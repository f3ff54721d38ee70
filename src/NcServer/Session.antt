-- ===== src/NcServer/Session.antt =====
-- A connection as the menu sees it: the lines that come in, the texts that go out, and when it breaks.
-- A wait for the client also lets the other tasks of the event loop run.
use sui_ctf_infrastructure.Base.{ℕ, zero, suc, ◌≡◌, refl, Option, none, some, List, [], ◌∷◌, ◌++◌}
use sui_ctf_infrastructure.Text.{Text, codes}
use sui_ctf_infrastructure.Python.Errors.{ExceptionKind, Exception, Result, ok, raised}
use sui_ctf_infrastructure.Docker.Sdk.{Host}
use sui_ctf_infrastructure.Instances.Tasks.{State, give_way}

-- What one `readline` meets: a line, the end of the input or of the time, or an exception.
pub data Input : Type 0 where
  line : Text → Input
  silence : Input
  broken : Exception → Input

pub record Session (W : Type 0) : Type 0 where
  pub inputs : List Input
  -- The texts sent, in order.
  pub outputs : List Text
  -- After how many texts the connection breaks; `none` if it does not.
  pub room : Option ℕ
  pub manager : State W

abbrev pub Action : Type 0 → Type 0 → Type 0
Action W A = Session W → Result A × Session W

module _ {W : Type 0} where
  abbrev pub pure : {A : Type 0} → A → Action W A
  pure a s = (ok a, s)

  -- A call of the instance manager.
  abbrev pub manage : {A : Type 0} → (State W → Result A × State W) → Action W A
  manage f s = let (r, m) = f s.manager in (r, record s { manager = m })

  -- `try`: the exception becomes a value.
  abbrev pub attempt : {A : Type 0} → Action W A → Action W (Result A)
  attempt m s = let (r, s') = m s in (ok r, s')

  abbrev pub of_result : {A : Type 0} → Result A → Action W A
  of_result r s = (r, s)

infixl 5 ◌>>=◌ ◌>>◌
-- What follows a step; an exception ends the chain.
abbrev pub proceed :
    {W A B : Type 0} → (A → Action W B) → Result A × Session W → Result B × Session W
proceed f (ok a, s) = f a s
proceed f (raised e, s) = (raised e, s)

abbrev pub ◌>>=◌ : {W A B : Type 0} → Action W A → (A → Action W B) → Action W B
◌>>=◌ m f s = proceed f (m s)

abbrev pub ◌>>◌ : {W B : Type 0} → Action W (Unit {0}) → Action W B → Action W B
m >> k = m >>= λ _. k

abbrev pub reset : Exception
reset = record { kind = ExceptionKind.connection_error; message = codes "Connection lost" }

abbrev pub spend : Option ℕ → Option (Option ℕ)
spend none = some none
spend (some zero) = none
spend (some (suc n)) = some (some n)

module _ {W : Type 0} (host : Host W) where
  abbrev pub rest_while : State W → State W
  rest_while m = give_way host m

  abbrev pub send_if : Option (Option ℕ) → Text → Action W (Unit {0})
  send_if none t s = (raised reset, s)
  send_if (some room) t s = (
    ok tt,
    record s { outputs = s.outputs ++ t ∷ []; room = room; manager = rest_while s.manager },
  )

  -- `_send`
  unfoldable pub send : Text → Action W (Unit {0})
  send t s = send_if (spend s.room) t s

  abbrev pub read_from : List Input → Session W → Result (Option Text) × Session W
  read_from [] s = (ok none, s)
  read_from (line t ∷ ins) s = (ok (some t), record s { inputs = ins })
  read_from (silence ∷ ins) s = (ok none, record s { inputs = ins })
  read_from (broken e ∷ ins) s = (raised e, record s { inputs = ins })

  -- `_readline`; `None` is `none`.
  unfoldable pub readline : Action W (Option Text)
  readline s = read_from s.inputs (record s { manager = rest_while s.manager })

-- `_heartbeat`, for so many of its pauses: a dot after each, until the connection breaks, which it keeps
-- to itself. The waits are those of the spawn beside it.
abbrev pub beat_if :
    {W : Type 0} → (Session W → Session W) → Option (Option ℕ) → Session W → Session W
beat_if again none s = s
beat_if again (some room) s =
    again (record s { outputs = s.outputs ++ codes " ." ∷ []; room = room })

unfoldable pub heartbeat : {W : Type 0} → ℕ → Session W → Session W
heartbeat zero s = s
heartbeat (suc n) s = beat_if (heartbeat n) (spend s.room) s

beat_if-frame :
    {W : Type 0} (again : Session W → Session W) (room : Option (Option ℕ)) (s : Session W)
    → ((s : Session W) → ((again s).inputs ≡ s.inputs) × ((again s).manager ≡ s.manager))
    → ((beat_if again room s).inputs ≡ s.inputs) × ((beat_if again room s).manager ≡ s.manager)
beat_if-frame again none s h = (refl, refl)
beat_if-frame again (some room) s h = h _

-- The dots are all that it adds.
pub heartbeat-frame :
    {W : Type 0} (n : ℕ) (s : Session W)
    → ((heartbeat n s).inputs ≡ s.inputs) × ((heartbeat n s).manager ≡ s.manager)
unfolding heartbeat
heartbeat-frame zero s = (refl, refl)
heartbeat-frame (suc n) s = beat_if-frame (heartbeat n) (spend s.room) s (heartbeat-frame n)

- Task description: Begin with the line that contains "unfoldable pub heartbeat" and print each line exactly until the data ends, including the last line.

- Result of this exercise:
unfoldable pub heartbeat : {W : Type 0} → ℕ → Session W → Session W
heartbeat zero s = s
heartbeat (suc n) s = beat_if (heartbeat n) (spend s.room) s

beat_if-frame :
    {W : Type 0} (again : Session W → Session W) (room : Option (Option ℕ)) (s : Session W)
    → ((s : Session W) → ((again s).inputs ≡ s.inputs) × ((again s).manager ≡ s.manager))
    → ((beat_if again room s).inputs ≡ s.inputs) × ((beat_if again room s).manager ≡ s.manager)
beat_if-frame again none s h = (refl, refl)
beat_if-frame again (some room) s h = h _

-- The dots are all that it adds.
pub heartbeat-frame :
    {W : Type 0} (n : ℕ) (s : Session W)
    → ((heartbeat n s).inputs ≡ s.inputs) × ((heartbeat n s).manager ≡ s.manager)
unfolding heartbeat
heartbeat-frame zero s = (refl, refl)
heartbeat-frame (suc n) s = beat_if-frame (heartbeat n) (spend s.room) s (heartbeat-frame n)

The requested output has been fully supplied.